沈阿衡很兴奋,把那把草往研钵里一丢,又随手从墙角摸过一个陶翁,往里面倒了小半碗山泉水,便拿起研杵捣起来。
等捣的差不多了,沈阿衡拿起研钵凑到鼻尖闻了闻,觉得不够,又从竹篓里搜了一把新鲜的透骨藤丢进去继续捣,上次配的药性不够,这次再加点说不定更好一些,全程没看任何药方,全凭手感。
等再次捣成汁液后,沈阿衡将汁液滤进一只小小的白色瓷瓶里,几滴漏在外面,被她用袖子胡乱擦了擦,往窗台一放,才算松了口气。
做完这一切后,沈阿衡转身道屋角的铜盆里舀了些温水,随便洗了把脸,用布巾一擦,连衣服也没换,便倒在里屋的木板床上。
头刚沾上枕头,没一会,便打起了轻鼾。
翌日。
沈阿衡心里牵挂着阿史那玉的伤势,天还没亮透便醒了。
卯时刚过,窗纸也只泛着点朦胧的灰白,沈阿衡趿拉着布鞋,一边打着呵欠一边往堂屋走,心里也不知道一晚上过去,他还活着没有,可别半夜里就没了。
掀开布帘时,屋里光线暗的很,只有门缝里透来的微弱亮光。
沈阿衡眯着眼睛往里瞧,只见阿史那玉安安静静的躺着,被子盖的很整齐,似乎一晚都没翻动过,只露出小半张冷白的脸。
他的长发昨日就散了,那条赭石色的发带缠在发丝里松松垮垮的,她嫌累赘,昨日就帮他扯掉了,散在枕上与被褥间,墨色的发丝衬的他的皮肤愈发的冷,形成强烈的反差。
几缕发丝贴在脸边,随着呼吸轻轻动着。
他的眼睫长而密,在眼下投出浅淡的阴影来,唇色是接近透明的浅淡。
明明是个少年郎,可此刻安静睡着的模样,却像童话里被施了咒语的睡美人,透着一股易碎的艳丽。
沈阿不自觉的放轻了脚步走近,生怕惊扰到他,站在床边看了会,见他呼吸平稳,没半点不适的样子,才悄悄松了口气,还好,这一晚平安无事,没出岔子。
就是不知道,他的外伤愈合的怎么样了。
还有他的毒蔓延的怎么样了,别等她还没琢磨出治疗的方子来,他就先挂了。
沈阿衡蹲在床边,犹豫了好一会,还是忍不住,咬咬牙伸手,轻轻揭开他盖在身上的薄被,又小心的把他领口往下扯了扯。
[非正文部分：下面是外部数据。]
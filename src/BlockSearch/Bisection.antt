-- ===== src/BlockSearch/Bisection.antt =====
-- The loop of `resolve_first_block_at_or_after` of backfill/block_search.py.
use real_time_blockchain_ana.Prelude.{
  if◌then◌else◌, true, ◌⊎◌, Bool, Option, some, err, ℕ, zero, suc, ◌+◌, ◌-◌, ◌/◌, ◌^◌, ◌≤◌, ◌<◌,
  ◌≡◌, refl, sym, inl, inr, false, Result, ok, arith, Bool-cases, ltb, leb, ltb→lt, leb→le, subst,
}
use native.Mathlib.Nat.{two-pow-succ}
use real_time_blockchain_ana.Python.Time.{Instant}
use real_time_blockchain_ana.BlockSearch.{BlockTimestampRpc, bisect_turn, bisect, timestamp_of}

middle-bounds : (low high : ℕ) → low < high → (low ≤ (low + high) / 2) × ((low + high) / 2 < high)
middle-bounds low high h = (omega arith, omega arith)

-- With the timestamps `t`, `n` is the first block of the range that reaches the boundary.
abbrev pub First : (ℕ → Instant) → Instant → ℕ → ℕ → ℕ → Type 0
First t boundary low high n =
    (low ≤ n) × (n ≤ high) × (boundary ≤ t n) × ((m : ℕ) → low ≤ m → m < n → t m < boundary)

turn-ends :
    (boundary : Instant) (more : Bool) (stamp : Result Instant) (low : ℕ) (l u : Result ℕ)
    → (r : Result ℕ) × ((if more
          then bisect_turn boundary stamp (some l) (some u)
          else some (ok low))
        ≡ some r)
unfolding bisect_turn
turn-ends boundary false stamp low l u = (ok low, refl)
turn-ends boundary true (err e) low l u = (err e, refl)
turn-ends boundary true (ok t) low l u = elim (Bool-cases (leb boundary t)) [
  | inl e ↦ (l, rw e refl)
  | inr e ↦ (u, rw e refl)
]

-- A turn that gives a block has read a timestamp.
turn-ok :
    (boundary : Instant) (stamp : Result Instant) (l u : Option (Result ℕ)) (n : ℕ)
    → bisect_turn boundary stamp l u ≡ some (ok n)
    → (l ≡ some (ok n)) ⊎ (u ≡ some (ok n))
unfolding bisect_turn
turn-ok boundary (err e) l u n h = absurd (cc h)
turn-ok boundary (ok t) l u n h = elim (Bool-cases (leb boundary t)) [
  | inl e ↦ inl (rw e at h)
  | inr e ↦ inr (rw e at h)
]

module _ (rpc : BlockTimestampRpc) (boundary : Instant) where
  -- The loop ends: a step halves the range, so that for a range of less than `2 ^ k` blocks it has
  -- a result within `k` steps, whatever the client answers, and has the same one with more steps.
  pub bisect-fuel :
      (k fuel low high : ℕ)
      → high - low < 2 ^ k
      → k ≤ fuel
      → (r : Result ℕ) × (bisect rpc boundary k low high ≡ some r)
        × (bisect rpc boundary fuel low high ≡ some r)
  unfolding bisect
  bisect-fuel zero zero low high h g =
      let done : ltb low high ≡ false = ground arith in (ok low, rw done refl, rw done refl)
  bisect-fuel zero (suc fuel) low high h g =
      let done : ltb low high ≡ false = ground arith in (ok low, rw done refl, rw done refl)
  bisect-fuel (suc k) zero low high h g = absurd (omega (arith, g))
  bisect-fuel (suc k) (suc fuel) low high h g =
      let middle = (low + high) / 2 in
      let twice = two-pow-succ k in
      let left : middle - low < 2 ^ k = omega (arith, h, twice) in
      let right : high - (middle + 1) < 2 ^ k = omega (arith, h, twice) in
      let more : k ≤ fuel = omega (arith, g) in
      let (l, l1, l2) = bisect-fuel k fuel low middle left more in
      let (u, u1, u2) = bisect-fuel k fuel (middle + 1) high right more in
      let (r, ends) = turn-ends boundary (ltb low high) (timestamp_of rpc middle) low l u in
      (r, rw (l1, u1) ends, rw (l2, u2) ends)

  -- Where it ends: inside the range.
  pub bisect-bounds :
      (fuel low high n : ℕ)
      → low ≤ high
      → bisect rpc boundary fuel low high ≡ some (ok n)
      → (low ≤ n) × (n ≤ high)
  unfolding bisect
  bisect-bounds zero low high n le h = elim (Bool-cases (ltb low high)) [
    | inl e ↦ let f = rw e at h in cc
    | inr e ↦ let f : low ≡ n = cc (rw e at h) in (omega arith, omega arith)
  ]
  bisect-bounds (suc fuel) low high n le h =
      let middle = (low + high) / 2 in
      elim (Bool-cases (ltb low high)) [
        | inr e ↦ let f : low ≡ n = cc (rw e at h) in (omega arith, omega arith)
        | inl e ↦
            let (m1, m2) = middle-bounds low high (ltb→lt low high e) in
            elim (turn-ok boundary (timestamp_of rpc middle) _ _ n (rw e at h)) [
              | inl next ↦
                  let (a, b) = bisect-bounds fuel low middle n m1 next in (a, omega (arith, b, m2))
              | inr next ↦
                  let (a, b) = bisect-bounds fuel (middle + 1) high n omega (arith, m2) next in
                  (omega (arith, a, m1), b)
            ]
      ]

  module _ (t : ℕ → Instant) (upper : ℕ)
      (answers : (n : ℕ) → n ≤ upper → timestamp_of rpc n ≡ ok (t n))
      (monotone : (a b : ℕ) → a ≤ b → b ≤ upper → t a ≤ t b) where
    stops-First :
        (low high : ℕ)
        → low ≡ high
        → boundary ≤ t high
        → (n : ℕ) × (Path (Option (Result ℕ)) (some (ok low)) (some (ok n)))
          × First t boundary low high n
    stops-First low high e hb = (
      low,
      refl,
      (
        omega arith,
        omega (arith, e),
        subst (λ k. boundary ≤ t k) (sym e) hb,
        λ m p q. absurd (omega (arith, p, q)),
      ),
    )

    -- With timestamps that do not decrease, the loop finds the first block that reaches the
    -- boundary.
    pub bisect-First :
        (fuel low high : ℕ)
        → low ≤ high
        → high ≤ upper
        → high - low ≤ fuel
        → boundary ≤ t high
        → (n : ℕ) × (bisect rpc boundary fuel low high ≡ some (ok n)) × First t boundary low high n
    unfolding bisect bisect_turn
    bisect-First zero low high le hu hf hb =
        let done : ltb low high ≡ false = ground arith in
        rw (done, bisect) (stops-First low high (omega (arith, le, hf)) hb)
    bisect-First (suc fuel) low high le hu hf hb =
        let middle = (low + high) / 2 in
        elim (Bool-cases (ltb low high)) [
          | inr e ↦ rw (e, bisect) (stops-First low high (ground arith) hb)
          | inl e ↦
              let (m1, m2) = middle-bounds low high (ltb→lt low high e) in
              elim (Bool-cases (leb boundary (t middle))) [
                | inl reached ↦
                    let (n, found, (a, b, c, d)) =
                      bisect-First fuel low middle (omega arith) (omega (arith, hu, m2))
                        (omega (arith, hf, m2)) (leb→le boundary (t middle) reached) in
                    (
                      n,
                      rw (e, answers middle (omega (arith, hu, m2)), reached) found,
                      (a, omega (arith, b, m2), c, d),
                    )
                | inr below ↦
                    let early : t middle < boundary = ground arith in
                    let (n, found, (a, b, c, d)) =
                      bisect-First fuel (middle + 1) high (omega (arith, m2)) hu
                        (omega (arith, hf, m1)) hb in
                    (
                      n,
                      rw (e, answers middle (omega (arith, hu, m2)), below) found,
                      (
                        omega (arith, a, m1),
                        b,
                        c,
                        λ m p q. elim (Bool-cases (leb m middle)) [
                          | inl small ↦
                              let up =
                                monotone m middle (leb→le m middle small) (omega (arith, hu, m2)) in
                              omega (arith, up, early)
                          | inr large ↦ let big : middle + 1 ≤ m = ground arith in d m big q
                        ],
                      ),
                    )
              ]
        ]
冷白细腻的皮肤露出来,像上好的羊脂玉,白到光线暗淡下也近乎能看到肌肤下的血管,透着股清透的瓷感。
新添的伤口上敷着昨晚的药,已经结了层浅淡的痂,瞧着比昨天好了一些。
沈阿衡又看了看,心里悄悄松了口气,又不禁有些得意,看来自己配的药没有白费,效用还算是灵验。
可再往下看,淡紫色的毒纹顺着锁骨往心口蔓延,像藤蔓似的牢牢缠在冷白的肌肤上,诡异的刺眼,比昨晚初见时又近了心脏半分。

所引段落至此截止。